What’s more interesting, one can estimate an optimal allocation of a fixed compute budget $$C$$. Training a model with $$N$$ parameters od $$D$$ tokens incurs a cost of $$C = 6ND$$ floating-point operations (FLOPs) (see Appendix F). A compute-optimal model for a fixed $$C$$ is a combination of $$N$$ and $$D$$ satisfying the $$C = 6ND$$ constraint such that the loss $$L(N, D)$$ is minimal. In other words, either increasing model size (at an expense of dataset size) or dataset size (at an expense of model size) results in higher loss. Such $$N$$ and $$D$$ can be found in closed form, see eq. 4 in the paper.

## Chinchilla model predictions for gpt2-small

The three plots below shows predictions of the Chinchilla model for $$N_\text{gpt2-sm} = 117 \cdot 10^6$$. The firsts two plots show loss as a function of $$D$$ and $$C = 6N_\text{gpt2-sm}D$$. Intuitively, they show the shape of train loss predicted by the Chinchilla model. The last plot gives a very rough estimate of a price of a training run assuming a 1.2e17 FLOP/dollar from Ajeya Cotra’s report (Appendix).

## Compute-optimal dataset size

The Chinchilla paper focuses on compute-optimal models: optimal $$(N, D)$$ for a fixed $$D$$. I’m interested in an inverse problem: what’s an optimal dataset size $$D$$ for a model size $$N$$. Equivalently, what’s an optimal compute budget $$C$$ for a model of size $$N$$. There are two intuitive framings of this question:

1. When should I stop training? What’s the number of tokens $$D$$ such that after $$D$$ subsequent decreases in my loss ($$L(N, D+1), L(N, D+2), \dots)$$ are small enough that I’d be better off spending my $$6N(D+1)$$ FLOPs training a bigger model on fewer tokens.
2. How long should I keep training? What’s the number of tokens $$D$$ that I need to reach to justify training a model with as many as $$N$$ parameters (as opposed to a training a smaller model on more tokens)?

Therefore, a dataset size $$D$$ is compute-optimal for model size $$N$$ if $$(N, D)$$ is compute-optimal: every other allocation of $$6ND$$ FLOPs results in a worse loss:

$L(N-1, \frac{N}{N-1}D) > L(N, D) < L(N+1, \frac{N}{N+1}D).$

## Compute-optimal dataset for gpt2-small

First, we can plot IsoFLOP curves for a range of compute budgets $$10^{16} < C < 10^{20}$$. An IsoFLOP curve for budget $$C$$ shows loss as a function of $$N$$, i.e. $$L(N, \frac{C}{6N})$$.

Second, we can find a minimum of each IsoFLOP with respect to $$N$$. Each such minimum (marked by a green dot) is a compute-optimal model $$(N, D)$$ for a given budget $$C$$.
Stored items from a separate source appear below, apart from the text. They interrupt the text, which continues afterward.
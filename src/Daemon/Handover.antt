-- ===== src/Daemon/Handover.antt =====
-- A machine changes its node only when the hypervisor of the target says that it runs there.
use ch_vmm.Prelude.{
  String, ◌≡◌, refl, sym, subst, ◌∙◌, ◌⊎◌, inl, inr, Bool, true, false, ◌∷◌, Option, none, some,
  if◌then◌else◌, str_eq, eq_iff, arith,
}
use ch_vmm.Controller.Program.{
  Answer, done, not_found, already_exists, conflict, Result, ok, err, panicked, Program, return,
  bind, must, Keeps, return-Keeps, bind-Keeps, then-Keeps, must-Keeps, if-Keeps, ◌>>◌,
}
use ch_vmm.Controller.Machine.{PodPhase}
use ch_vmm.Daemon.{
  Vm, VmmState, Migration, MigrationPhase, scheduled, target_ready, running, sent, succeeded,
  failed, ControlBlock, Pod, Trace, vmm, info, Server, Node, State,
}
use ch_vmm.Daemon.Frame.{get_status-Frames, fetch-Frames}
use ch_vmm.Daemon.Migrate.{
  set_migration, hand_over, take_over, migrate_part, keep_block, migrate, target_socket, block_of,
}
use ch_vmm.Daemon.Moves.{keep_block-Frames, get_block-Frames}
use ch_vmm.Daemon.Stays.{Frames-Stays, receive-Stays, send-Stays, follow_sending-Stays, node_in}

module _ (server : Server) (node : Node) (vm : Vm) where
  -- The machine is now at the target of its migration, which said behind a trace that it runs it.
  unfoldable pub Taken : Migration → Trace → String → Type 0
  Taken m t x =
      (m.phase ≡ sent)
      × (x ≡ node.name)
      × (m.target_node ≡ node.name)
      × (server.answer t (vmm (target_socket m) info) ≡ done)
      × ((server.info t).state ≡ VmmState.running)

  -- A program that leaves the node, or takes the machine.
  abbrev Takes : {A : Type 0} → Migration → Program State A → State → Type 0
  Takes m k s = (node_in (k s).1 ≡ node_in s) ⊎ Taken m s.1 (node_in (k s).1)

  hand_over-node :
      (m : Migration) (b : ControlBlock) (s : State)
      → node_in (hand_over server node vm m b s).1 ≡ m.target_node
  unfolding hand_over set_migration
  hand_over-node m b s = ground arith

  taken_if :
      (m : Migration) (b : ControlBlock) (a : Answer) (v : VmmState) (s : State)
      → let s' =
          ((must a >> elim v as (λ v. Program State (Option ControlBlock)) [
            | VmmState.running ↦ hand_over server node vm m b
            | _ ↦ return none
          ])
            s).1 in
        (node_in s' ≡ node_in s)
        ⊎ ((node_in s' ≡ m.target_node) × (a ≡ done) × (v ≡ VmmState.running))
  taken_if m b done VmmState.running s = inr (hand_over-node m b s, refl, refl)
  taken_if m b done VmmState.created s = inl refl
  taken_if m b done VmmState.paused s = inl refl
  taken_if m b done VmmState.shutdown s = inl refl
  taken_if m b done VmmState.other s = inl refl
  taken_if m b not_found v s = inl refl
  taken_if m b already_exists v s = inl refl
  taken_if m b conflict v s = inl refl
  taken_if m b Answer.failed v s = inl refl

  take_over-Takes :
      (m : Migration) (b : ControlBlock) (s : State)
      → m.phase ≡ sent
      → m.target_node ≡ node.name
      → Takes m (take_over server node vm m b) s
  unfolding take_over Taken
  take_over-Takes m b s p n =
      elim (taken_if m b (server.answer s.1 (vmm (target_socket m) info)) (server.info s.1).state
        (s.0, vmm (target_socket m) info ∷ s.1)) [
          | inl e ↦ inl e
          | inr (e, a, v) ↦ inr (p, e ∙ n, n, a, v)
        ]

  part_if-Takes :
      (m : Migration) (there : Bool) (b : ControlBlock) (s : State)
      → m.phase ≡ sent
      → (there ≡ true → m.target_node ≡ node.name)
      → Takes m (if there then take_over server node vm m b else return (some b)) s
  part_if-Takes m true b s p n = take_over-Takes m b s p (n refl)
  part_if-Takes m false b s p n = inl refl

  migrate_part-Takes :
      (p : MigrationPhase) (m : Migration) (here : Bool) (pod : PodPhase) (b : ControlBlock)
      (s : State)
      → m.phase ≡ p
      → Takes m (migrate_part server node vm p here (str_eq m.target_node node.name) m pod b) s
  unfolding migrate_part
  migrate_part-Takes scheduled m here pod b s e = inl (
      (if-Keeps (str_eq m.target_node node.name) (receive-Stays server node vm (λ p n. n) m b)
          (return-Keeps (some b))).kept
        s)
  migrate_part-Takes target_ready m here pod b s e =
      inl
        ((if-Keeps here (send-Stays server node vm (λ p n. n) m b) (return-Keeps (some b))).kept s)
  migrate_part-Takes running m here pod b s e = inl (
      (if-Keeps here (follow_sending-Stays server node vm (λ p n. n) pod b)
          (return-Keeps (some b))).kept
        s)
  migrate_part-Takes sent m here pod b s e =
      part_if-Takes m (str_eq m.target_node node.name) b s e
        (λ t. (eq_iff m.target_node node.name).0 t)
  migrate_part-Takes succeeded m here pod b s e = inl refl
  migrate_part-Takes failed m here pod b s e = inl refl
  migrate_part-Takes MigrationPhase.other m here pod b s e = inl refl

  behind_node :
      {A B : Type 0} (r : Result A × State) (f : A → Program State B)
      → ((a : A) → Keeps node_in (f a))
      → node_in (bind r f).1 ≡ node_in r.1
  behind_node (ok a, s) f h = (h a).kept s
  behind_node (err e, s) f h = refl
  behind_node (panicked, s) f h = refl

  pub migrate-Takes :
      (m : Migration) (pod : Pod) (s : State) → Takes m (migrate server node vm m pod) s
  unfolding migrate
  migrate-Takes m pod s =
      let b = block_of server node vm s.0.block in
      let here = str_eq s.0.status.node_name node.name in
      let part =
        migrate_part server node vm m.phase here (str_eq m.target_node node.name) m pod.phase b in
      let same =
        behind_node (part s) (keep_block server node vm) (λ kept.
          Frames-Stays server node vm (λ p n. n) (keep_block-Frames server node vm kept)) in
      subst (λ x. (x ≡ node_in s) ⊎ Taken m s.1 x) (sym same)
        (migrate_part-Takes m.phase m here pod.phase b s refl)

  -- The phase of the machine is left alone.
  abbrev KeepsPhase : {A : Type 0} → Program State A → Type 0
  KeepsPhase m = Keeps (λ s. s.0.status.phase) m

  hand_over-KeepsPhase :
      (m : Migration) (b : ControlBlock) → KeepsPhase (hand_over server node vm m b)
  unfolding hand_over set_migration
  hand_over-KeepsPhase m b = record { kept = λ s. ground arith }

  take_over-KeepsPhase :
      (m : Migration) (b : ControlBlock) → KeepsPhase (take_over server node vm m b)
  unfolding take_over
  take_over-KeepsPhase m b =
      bind-Keeps
        (Frames-Stays server node vm (λ p n. p)
          (fetch-Frames server (vmm (target_socket m) info) server.info))
        (λ a. then-Keeps (must-Keeps a.0) (at_state a.1.state))
    where
      at_state :
          (v : VmmState)
          → KeepsPhase {A = Option ControlBlock}
              (elim v [ VmmState.running ↦ hand_over server node vm m b | _ ↦ return none ])
      at_state VmmState.running = hand_over-KeepsPhase m b
      at_state VmmState.created = return-Keeps none
      at_state VmmState.paused = return-Keeps none
      at_state VmmState.shutdown = return-Keeps none
      at_state VmmState.other = return-Keeps none

  migrate_part-KeepsPhase :
      (p : MigrationPhase) (here there : Bool) (m : Migration) (pod : PodPhase) (b : ControlBlock)
      → KeepsPhase (migrate_part server node vm p here there m pod b)
  unfolding migrate_part
  migrate_part-KeepsPhase scheduled here there m pod b =
      if-Keeps there (receive-Stays server node vm (λ p n. p) m b) (return-Keeps (some b))
  migrate_part-KeepsPhase target_ready here there m pod b =
      if-Keeps here (send-Stays server node vm (λ p n. p) m b) (return-Keeps (some b))
  migrate_part-KeepsPhase running here there m pod b =
      if-Keeps here (follow_sending-Stays server node vm (λ p n. p) pod b) (return-Keeps (some b))
  migrate_part-KeepsPhase sent here there m pod b =
      if-Keeps there (take_over-KeepsPhase m b) (return-Keeps (some b))
  migrate_part-KeepsPhase succeeded here there m pod b = return-Keeps (some b)
  migrate_part-KeepsPhase failed here there m pod b = return-Keeps (some b)
  migrate_part-KeepsPhase MigrationPhase.other here there m pod b = return-Keeps (some b)

  pub migrate-KeepsPhase : (m : Migration) (pod : Pod) → KeepsPhase (migrate server node vm m pod)
  unfolding migrate
  migrate-KeepsPhase m pod =
      bind-Keeps (Frames-Stays server node vm (λ p n. p) (get_block-Frames server node vm)) (λ b.
        bind-Keeps (Frames-Stays server node vm (λ p n. p) get_status-Frames) (λ s.
          bind-Keeps
            (migrate_part-KeepsPhase m.phase (str_eq s.node_name node.name)
              (str_eq m.target_node node.name) m pod.phase b)
            (λ kept.
              Frames-Stays server node vm (λ p n. p) (keep_block-Frames server node vm kept))))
Finally, we can look for a compute-optimal model $$(N, D)$$ with $$N$$ closest to $$N_\text{gpt2-sm} = 117 \cdot 10^6$$.

The compute-optimal dataset size turns out to be 3.32B tokens (and the corresponding compute budget is 2.37E+18 FLOPs).
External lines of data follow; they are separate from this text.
-- ===== src/Daemon/Frame/Plugged.antt =====
-- What is plugged in and out leaves the phase, the place and the migration alone.
use ch_vmm.Prelude.{String, List, [], ◌∷◌}
use ch_vmm.Api.{Volume}
use ch_vmm.Controller.Program.{
  return-Keeps, bind-Keeps, then-Keeps, must-Keeps, if-Keeps, option-Keeps,
}
use ch_vmm.Controller.Machine.{VolumeStatus}
use ch_vmm.Daemon.{Vm, VmInfo, Server, Node}
use ch_vmm.Daemon.Plugs.{
  last_status, plug, mark_ready, add_known, add_volumes, remove_disks, reconcile_volumes,
}
use ch_vmm.Daemon.Frame.{Frames, frames, event-Frames, get_status-Frames, call-Frames}
use ch_vmm.Daemon.Frame.Mounted.{is_block-Frames, mount_volumes-Frames, umount_volumes-Frames}

module _ (server : Server) (node : Node) (vm : Vm) where
  plug-Frames : (v : Volume) → Frames (plug server node vm v)
  unfolding plug
  plug-Frames v = search (frames, is_block-Frames) depth 8

  mark_ready-Frames : (n : String) → Frames (mark_ready server node vm n)
  unfolding mark_ready
  mark_ready-Frames n = search frames

  add_known-Frames :
      (v : Volume) (s : VolumeStatus) (i : VmInfo) → Frames (add_known server node vm v s i)
  unfolding add_known
  add_known-Frames v s i = search (frames, plug-Frames, mark_ready-Frames)

  add_volumes-Frames : (vs : List Volume) (i : VmInfo) → Frames (add_volumes server node vm vs i)
  unfolding add_volumes
  add_volumes-Frames [] i = search frames
  add_volumes-Frames (v ∷ vs) i =
      if-Keeps _
        (bind-Keeps get_status-Frames (λ s.
          then-Keeps
            (option-Keeps (last_status v.name s.volumes) (return-Keeps tt)
              (λ known. add_known-Frames v known i))
            (add_volumes-Frames vs i)))
        (add_volumes-Frames vs i)

  remove_disks-Frames : (ds : List String) → Frames (remove_disks server node vm ds)
  unfolding remove_disks
  remove_disks-Frames [] = search frames
  remove_disks-Frames (d ∷ ds) = if-Keeps _ (remove_disks-Frames ds) (
      bind-Keeps get_status-Frames (λ s. bind-Keeps (call-Frames server _) (λ a.
        then-Keeps (must-Keeps a)
          (then-Keeps (event-Frames "RemoveDiskFromVM") (remove_disks-Frames ds)))))

  pub reconcile_volumes-Frames : (i : VmInfo) → Frames (reconcile_volumes server node vm i)
  unfolding reconcile_volumes
  reconcile_volumes-Frames i =
      search (
        frames, mount_volumes-Frames, add_volumes-Frames, remove_disks-Frames,
        umount_volumes-Frames,
      )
This seems to match results from the Chinchilla paper:

## Postscriptum

### How much does it cost?

Less than $100 on the cloud. Based on my recent experiments, with two A100 (80gb) GPUs, it takes around 16h to train gpt2-small on 3.3B tokens. You’d pay$80 for 4xA100 (40gb) on Lambda Labs or around \$45 on GCP, in a good region.

### How many parameters does gpt2-small have?

While the GPT2 paper says gpt2-small has 117m parameters, the Hugginface implementation actually has 127m:

from transformers import AutoModel
gpt2_small = AutoModel.from_pretrained('gpt2')
gpt2_small.num_parameters()


Not counting embeddings (gpt2_small.num_parameters(exclude_embeddings=True)), it’s 85m which is also quite off. I’m not sure what’s going on here. The difference doesn’t seem to matter much.

### What are good hyperparameters?

I found it useful to look at config files of two well-documented open source projects training gpt2-small-sized models: codeparrot and mistral. A Bloom paper called What Language Model to Train if You Have One Million GPU Hours? and the Gopher paper also report some results with gpt2-small-sized models.

Overall, I’d use a linear or cosine learning rate schedule (with warmup_ratio=0.01) and do a sweep over batch sizes and learning rates. For instance, codeparrot-small used learning rate 5e-4 and batch size 192 (197k tokens) while mistral used learning rate 6e-4 and batch size 512 (524k tokens). Similarly, the Gopher paper reports their learning rate and batch size for 117m model to be 6e-4 and 125 (0.25m tokens; note they have context window 2048).